Verbatim, and with nothing else, reproduce the data below from its first line through the line containing "ps + 1 < fuel".

__________________________________________________

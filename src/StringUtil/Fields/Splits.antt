-- ===== src/StringUtil/Fields/Splits.antt =====
-- The fields that `split_fields` of src/string-util.c finds.
use procenv.Prelude.{
  ℕ, zero, suc, ◌+◌, ◌≤◌, ◌<◌, ◌≡◌, ◌≢◌, refl, List, [], ◌∷◌, ◌++◌, append-nil, map, length,
  length-append, replicate, All, true, false, ◌==◌, ==-self, ==-ne, Bytes, ok, arith,
}
use procenv.StringUtil.Fields.{skip_delimiters, take_field, split_loop, split_at, split_fields}

-- No byte is the delimiter.
abbrev pub HasNo : ℕ → Bytes → Type 0
HasNo d x = All (λ c. (c == d) ≡ false) x

take_field-end : (d : ℕ) (x : Bytes) → HasNo d x → take_field d x ≡ (x, [])
unfolding take_field
take_field-end d [] h = refl
take_field-end d (c ∷ x) h = rw (h.0, take_field-end d x h.1) refl

take_field-delimiter : (d : ℕ) (x r : Bytes) → HasNo d x → take_field d (x ++ d ∷ r) ≡ (x, d ∷ r)
unfolding take_field
take_field-delimiter d [] r h = rw (==-self d) refl
take_field-delimiter d (c ∷ x) r h = rw (h.0, take_field-delimiter d x r h.1) refl

skip-replicate :
    (d n : ℕ) (t : Bytes) → skip_delimiters d (replicate n d ++ t) ≡ skip_delimiters d t
unfolding skip_delimiters
skip-replicate d zero t = refl
skip-replicate d (suc n) t = rw (==-self d, skip-replicate d n t) refl

-- Fields, each with a first byte, the rest of its bytes, and the number of further delimiters behind
-- it; and a last field, with no delimiter behind it.
pub record Piece : Type 0 where
  pub first : ℕ
  pub others : Bytes
  pub gap : ℕ

abbrev pub field_of : Piece → Bytes
field_of p = p.first ∷ p.others

pub spread : ℕ → List Piece → Bytes → Bytes
spread d [] last = last
spread d (p ∷ ps) last = field_of p ++ (replicate (suc p.gap) d ++ spread d ps last)

-- A last field that is empty is none.
abbrev pub last_field : Bytes → List Bytes
last_field [] = []
last_field (c ∷ t) = (c ∷ t) ∷ []

abbrev pub ArePieces : ℕ → List Piece → Type 0
ArePieces d ps = All (λ p. HasNo d (field_of p)) ps

loop-spread :
    (d : ℕ) (ps : List Piece) (last : Bytes) (gap fuel : ℕ)
    → ArePieces d ps
    → HasNo d last
    → length ps + 1 < fuel
    → split_loop fuel d true (replicate gap d ++ spread d ps last)
      ≡ ok (map field_of ps ++ last_field last)
unfolding split_loop split_at skip_delimiters spread
loop-spread d ps last gap zero hp hl le = absurd (omega arith)
loop-spread d [] [] gap (suc fuel) hp hl le = rw (skip-replicate d gap []) refl
loop-spread d [] (c ∷ last) gap (suc zero) hp hl le = absurd (omega arith)
loop-spread d [] (c ∷ last) gap (suc (suc fuel)) hp hl le =
    rw (skip-replicate d gap (c ∷ last), hl.0, take_field-end d (c ∷ last) hl) refl
loop-spread d (p ∷ ps) last gap (suc fuel) hp hl le =
    let rest = replicate p.gap d ++ spread d ps last in
    rw
      (
        skip-replicate d gap (field_of p ++ d ∷ rest),
        hp.0.0,
        take_field-delimiter d (field_of p) rest hp.0,
        loop-spread d ps last (suc p.gap) fuel hp.1 hl (omega arith),
      )
      refl

length-spread : (d : ℕ) (ps : List Piece) (last : Bytes) → length ps ≤ length (spread d ps last)
unfolding spread
length-spread d [] last = omega arith
length-spread d (p ∷ ps) last = omega (
  arith,
  length-spread d ps last,
  length-append p.others (replicate (suc p.gap) d ++ spread d ps last),
  length-append (replicate p.gap d) (spread d ps last),
)

-- With `compress`, `split_fields` returns, and gives the fields of a string: it ignores delimiters
-- in front, any number of them between two fields, and those at the end. Conditions: the delimiter is
-- not nul, and stands in no field.
pub split_fields-spread :
    (d : ℕ) (ps : List Piece) (last : Bytes) (gap : ℕ)
    → d ≢ 0
    → ArePieces d ps
    → HasNo d last
    → split_fields (replicate gap d ++ spread d ps last) d true
      ≡ ok (map field_of ps ++ last_field last)
unfolding split_fields
split_fields-spread d ps last gap nz hp hl = rw (==-ne d 0 nz) (
    loop-spread d ps last gap _ hp hl
      (omega (arith, length-spread d ps last, length-append (replicate gap d) (spread d ps last))))

-- Each field behind a delimiter of its own.
pub prefixed : ℕ → List Bytes → Bytes
prefixed d [] = []
prefixed d (x ∷ xs) = d ∷ (x ++ prefixed d xs)

take_field-prefixed :
    (d : ℕ) (x : Bytes) (xs : List Bytes)
    → HasNo d x
    → take_field d (x ++ prefixed d xs) ≡ (x, prefixed d xs)
unfolding prefixed
take_field-prefixed d x [] h = rw append-nil (take_field-end d x h)
take_field-prefixed d x (y ∷ ys) h = take_field-delimiter d x (y ++ prefixed d ys) h

loop-prefixed :
    (d : ℕ) (xs : List Bytes) (fuel : ℕ)
    → All (HasNo d) xs
    → length xs < fuel
    → split_loop fuel d false (prefixed d xs) ≡ ok xs
unfolding split_loop split_at prefixed
loop-prefixed d xs zero h le = absurd (omega arith)
loop-prefixed d [] (suc fuel) h le = refl
loop-prefixed d (x ∷ xs) (suc fuel) h le =
    rw (take_field-prefixed d x xs h.0, loop-prefixed d xs fuel h.1 (omega arith)) refl

length-prefixed : (d : ℕ) (xs : List Bytes) → length xs ≤ length (prefixed d xs)
unfolding prefixed
length-prefixed d [] = omega arith
length-prefixed d (x ∷ xs) = omega (arith, length-prefixed d xs, length-append x (prefixed d xs))

-- Without `compress`, `split_fields` returns, and is the inverse of putting the delimiter in front of
-- every field, empty fields included. Conditions: the delimiter is not nul, and stands in no field.
pub split_fields-prefixed :
    (d : ℕ) (xs : List Bytes)
    → d ≢ 0
    → All (HasNo d) xs
    → split_fields (prefixed d xs) d false ≡ ok xs
unfolding split_fields
split_fields-prefixed d xs nz h =
    rw (==-ne d 0 nz) (loop-prefixed d xs _ h (omega (arith, length-prefixed d xs)))

-- Without `compress` the first byte is skipped even if it is no delimiter: `split_fields` loses the
-- first byte of a string's first field. Conditions: the delimiter is not nul, and stands in no field.
pub split_fields-loses :
    (d c : ℕ) (x : Bytes) (xs : List Bytes)
    → d ≢ 0
    → HasNo d x
    → All (HasNo d) xs
    → split_fields (c ∷ (x ++ prefixed d xs)) d false ≡ ok (x ∷ xs)
unfolding split_fields split_loop split_at
split_fields-loses d c x xs nz h hs =
    rw
      (
        ==-ne d 0 nz,
        take_field-prefixed d x xs h,
        loop-prefixed d xs (suc (suc (length (x ++ prefixed d xs)))) hs
            (omega (arith, length-append x (prefixed d xs), length-prefixed d xs)),
      )
      refl
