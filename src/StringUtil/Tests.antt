-- ===== src/StringUtil/Tests.antt =====
-- Runs of src/string-util.c on short strings.
use procenv.Prelude.{
  List, map, replicate, ◌≡◌, refl, true, false, none, some, [], ◌∷◌, ◌++◌, Text, arith, ok,
}
use procenv.StringUtil.Fields.{split_fields}
use procenv.StringUtil.Fields.Splits.{
  Piece, field_of, spread, last_field, prefixed, split_fields-spread, split_fields-loses,
}
use procenv.StringUtil.{wappendva, wappendf, pappend}
use procenv.StringUtil.Doc.{doc_of, wappendva-doc_of, pappend-doc_of}
use procenv.StringUtil.Fresh.{fresh_of, wappendf-fresh_of}

abbrev ab : Text
ab = b'a' ∷ b'b' ∷ []

-- Longer than the first guess of the size.
abbrev long : Text
long = b'0' ∷ b'1' ∷ b'2' ∷ b'3' ∷ b'4' ∷ b'5' ∷ b'6' ∷ b'7' ∷ b'8' ∷ b'9' ∷ []

wappendva-doc_of_example :
    wappendva 11 (some (doc_of ab)) (some long) ≡ ok (some (doc_of (ab ++ long)))
wappendva-doc_of_example = wappendva-doc_of 11 ab long (omega arith)

wappendf-fresh_of_example : wappendf none (some long) ≡ ok (some (fresh_of long))
wappendf-fresh_of_example = wappendf-fresh_of long

pappend-doc_of_example : pappend (some (doc_of ab)) (fresh_of ab) ≡ ok (some (doc_of (ab ++ ab)))
pappend-doc_of_example = pappend-doc_of b'a' (b'b' ∷ []) ab (fresh_of ab) refl refl

abbrev pieces : List Piece
pieces =
    record { first = b'a'; others = b'b' ∷ []; gap = 1 }
    ∷ record { first = b'c'; others = []; gap = 0 }
    ∷ []

-- "  ab  c d"
split_fields-spread_example :
    split_fields (replicate 2 b' ' ++ spread b' ' pieces (b'd' ∷ [])) b' ' true
    ≡ ok (map field_of pieces ++ last_field (b'd' ∷ []))
split_fields-spread_example =
    split_fields-spread b' ' pieces (b'd' ∷ []) 2 (omega arith)
      ((refl, (refl, tt)), ((refl, tt), tt)) (refl, tt)

-- "ab:c"
split_fields-loses_example :
    split_fields (b'a' ∷ ((b'b' ∷ []) ++ prefixed b':' ((b'c' ∷ []) ∷ []))) b':' false
    ≡ ok ((b'b' ∷ []) ∷ (b'c' ∷ []) ∷ [])
split_fields-loses_example =
    split_fields-loses b':' b'a' (b'b' ∷ []) ((b'c' ∷ []) ∷ []) (omega arith) (refl, tt)
      ((refl, tt), tt)
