-- ===== src/Util/Tests.antt =====
-- Runs of the questions.
use procenv.Prelude.{◌≡◌, refl, some, [], ◌∷◌, true, false, ok, codes}
use procenv.Util.{in_chroot, container_type, starts_with, has_vxid}

chroot : in_chroot (record { root = some 2; bsd_self = false; self = some 77 }) ≡ ok true
unfolding in_chroot
chroot = refl

vserver :
    container_type (record {
      console = some (5, 1);
      vz = false;
      bc = false;
      status = some (codes "Name: a\n" ∷ codes "VxID: 3\n" ∷ []);
    })
    ≡ codes "vserver"
unfolding container_type has_vxid starts_with
vserver = refl
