-- ===== src/Lib.antt =====
-- The parliament worker (worker/src/parliament_worker), its durable state: the store of the graph
-- factory (graphrag/store.py and its parts), the ledger of reviews and model costs (review.py) and
-- the outbox of mail (mail_db.py).
--
-- The store is one SQLite database with three groups of tables. The factory loads source documents
-- as revisions (Sources), enqueues inference requests for them (Jobs), workers claim these under
-- leases and release them with results (Jobs, Job), and derived results are kept as versioned
-- artifacts (Artifacts). Before any HTTP call a wave of claimed jobs is reserved against the limits
-- of the factory (Execution); what the server answers is saved in one step (Receipts), a failed call
-- is put off, and a request of unknown acceptance pauses the factory until it is found (Recovery).
-- What depends on sources that have changed is found (Index) and retired together with its jobs
-- (Retirement). Questions are answered by batches of selections (Selection), whose newest attempts
-- count (Questions). The ledger bounds what a person approves in a day and what the model may cost in
-- a month (Ledger). Messages to users are queued by another service and sent by the worker, one
-- attempt each (Mail).
--
-- Base: tests on numbers and text, lists, the result of a call that may raise, tables as lists of
--   rows in insertion order with `UPDATE … WHERE`.
-- Value: store_schema.py, JSON values, labels, clock readings, the refusal of credentials.
-- States: store_schema.py, the state machine of a job (STATES, RUNNABLE, TRANSITIONS).
-- Job: store_schema.py, the job record, updated_job, require_lease and job_priority; store.py,
--   GraphStore._due.
-- Jobs: store.py (enqueue, enqueue_many, get_job, jobs, pending, update_job, claim, release,
--   checkpoint, update_leased), store_leases.py (renew_leases), store_bulk.py (its jobs).
-- Sources: store.py (put_source, put_sources, retire_source, sources, source_current,
--   observations), and in Sources/Observations source_observations.py.
-- Artifacts: store.py (put_artifact, get_artifact, artifacts, invalidate_artifact,
--   artifact_versions), store_bulk.py (stored_artifact_versions and its artifacts).
-- Retirement: store_bulk.py, retire_results.
-- Transactions: store_transactions.py, and GraphStore.batch of store.py: the transactions and the
--   savepoints that the operations above run in.
-- Status: status.py, summarize_latest and failed_keys_pending_recovery.
-- Packing: graphrag/job_codec.py, encode_job and decode_job: the text of a job in its row.
-- Selection: graphrag/claim_selection.py, selection_batches (and _batches of reduction.py) and, in
--   Selection/Choice, materialize_selection.
-- Questions: graphrag/question_jobs.py.
-- Index: graphrag/index.py, what is current (dependencies_current, routing_current,
--   children_current) and reconcile; in Index/Snapshot select_snapshot_artifacts.
-- Execution: graphrag/engine.py, the guards of Factory and _reservation; in Execution/Wave
--   execution.py, _prepare with _checkpoint_before_http and pause_unknown_acceptance of recovery.py;
--   in Execution/Deferral _error_fields and _inference_error.
-- Receipts: graphrag/receipts.py, save_receipts.
-- Recovery: graphrag/recovery.py, defer_, recover_ and drain_unknown_acceptance.
-- Ledger: review.py, ReviewLedger.
-- Mail: mail_db.py, MySqlMailOutbox (_locked, _eligible, _status, _prepare; in Mail/Delivery
--   _deliver, pending and run), and mail.py, PrivateSpool.write.
--
-- Each operation is the body of its transaction on the tables that it reads and writes: its result is
-- the new tables, or the error that it raises, after which the database is what it was, since the
-- transaction is rolled back. A `UNIQUE` constraint is an invariant of the tables. What a call
-- returns besides the tables stands before them in a pair.
--
-- Times are counts of one tick since the epoch; a reading that is handed in may also be negative or
-- not finite. Numbers in JSON values are integers, and
-- Python's == of decoded values holds True and 1 for equal (Value.equals). An object is its fields in
-- the order of the sorted keys of its canonical JSON, so that equality of canonical texts is equality of values. Amounts of
-- money are counts of one smallest unit, and a measured cost has its decimal text too.
-- Python's sort of the jobs is an insertion sort by the same
-- key, which is stable as well. Loops over a list are recursion on it, so that no fuel is needed;
-- the ten levels of children in Index/Snapshot are the code's own bound.
--
-- Parameters, which stand for code that is not this repository's: `digest` for SHA-256 over canonical
-- JSON, `json_bytes` for the length of a job's canonical JSON in UTF-8, `time` for the clock, `to_utc`
-- for the parser of ISO times (none for no time, some none for one without a zone). In Mail the
-- services `token_of`, `utc`, `sha256`, `compose` and `canonical_uuid` stand for the link, time, hash,
-- MIME text and parsed id of a message, which mail.py computes with Python's
-- parsers and email package. In Transactions the
-- content of the database is any type, with the length of its file. In Packing the JSON, zlib and
-- base64 libraries are functions whose documented behaviour is a hypothesis where it is needed; in
-- Selection `fits` says whether the request of a batch can be built, and `host_of` is the URL parser.
-- In Index `fingerprint` is SHA-256 of a JSON value. In Execution `second` is the number of ticks in
-- a second and `day` the UTC day of the moment. In Recovery a pass brings the client's answers and the
-- readings of the clock.
--
-- A job's metadata and an artifact's dependency are JSON objects, as every caller writes them; what
-- Python raises on other values of a context is an error of the model. In Execution a counter that
-- may go below zero is a pair of counts, and an operation of several transactions keeps what the
-- committed ones have written when a later one raises. reconcile, which reads in transactions of
-- their own before the one that retires, is one step in Index: the run without another write between.
--
-- Not modelled: SQLite, files and locks below a transaction, read-only transactions, the thread pool
-- of execute_tick and HTTP, prompts, the planning of extractions and communities, the adapters that
-- collect documents, the rendering of mail, and the command lines.
pub mod Base
pub mod Value
pub mod States
pub mod Job
pub mod Jobs
pub mod Sources
pub mod Artifacts
pub mod Retirement
pub mod Ledger
pub mod Mail
pub mod Packing
pub mod Questions
pub mod Index
pub mod Execution
pub mod Recovery
pub mod Receipts
pub mod Selection
pub mod Status
pub mod Transactions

__________________________________________________

EXPECTED OUTPUT
filename src/StringUtil/Fields/Splits.antt
-- ===== src/StringUtil/Fields/Splits.antt =====
-- The fields that `split_fields` of src/string-util.c finds.
use procenv.Prelude.{
  ℕ, zero, suc, ◌+◌, ◌≤◌, ◌<◌, ◌≡◌, ◌≢◌, refl, List, [], ◌∷◌, ◌++◌, append-nil, map, length,
  length-append, replicate, All, true, false, ◌==◌, ==-self, ==-ne, Bytes, ok, arith,
}
use procenv.StringUtil.Fields.{skip_delimiters, take_field, split_loop, split_at, split_fields}

-- No byte is the delimiter.
abbrev pub HasNo : ℕ → Bytes → Type 0
HasNo d x = All (λ c. (c == d) ≡ false) x

take_field-end : (d : ℕ) (x : Bytes) → HasNo d x → take_field d x ≡ (x, [])
unfolding take_field
take_field-end d [] h = refl
take_field-end d (c ∷ x) h = rw (h.0, take_field-end d x h.1) refl

take_field-delimiter : (d : ℕ) (x r : Bytes) → HasNo d x → take_field d (x ++ d ∷ r) ≡ (x, d ∷ r)
unfolding take_field
take_field-delimiter d [] r h = rw (==-self d) refl
take_field-delimiter d (c ∷ x) r h = rw (h.0, take_field-delimiter d x r h.1) refl

skip-replicate :
    (d n : ℕ) (t : Bytes) → skip_delimiters d (replicate n d ++ t) ≡ skip_delimiters d t
unfolding skip_delimiters
skip-replicate d zero t = refl
skip-replicate d (suc n) t = rw (==-self d, skip-replicate d n t) refl

-- Fields, each with a first byte, the rest of its bytes, and the number of further delimiters behind
-- it; and a last field, with no delimiter behind it.
pub record Piece : Type 0 where
  pub first : ℕ
  pub others : Bytes
  pub gap : ℕ

abbrev pub field_of : Piece → Bytes
field_of p = p.first ∷ p.others

pub spread : ℕ → List Piece → Bytes → Bytes
spread d [] last = last
spread d (p ∷ ps) last = field_of p ++ (replicate (suc p.gap) d ++ spread d ps last)

-- A last field that is empty is none.
abbrev pub last_field : Bytes → List Bytes
last_field [] = []
last_field (c ∷ t) = (c ∷ t) ∷ []

abbrev pub ArePieces : ℕ → List Piece → Type 0
ArePieces d ps = All (λ p. HasNo d (field_of p)) ps

loop-spread :
    (d : ℕ) (ps : List Piece) (last : Bytes) (gap fuel : ℕ)
    → ArePieces d ps
    → HasNo d last
    → length ps + 1 < fuel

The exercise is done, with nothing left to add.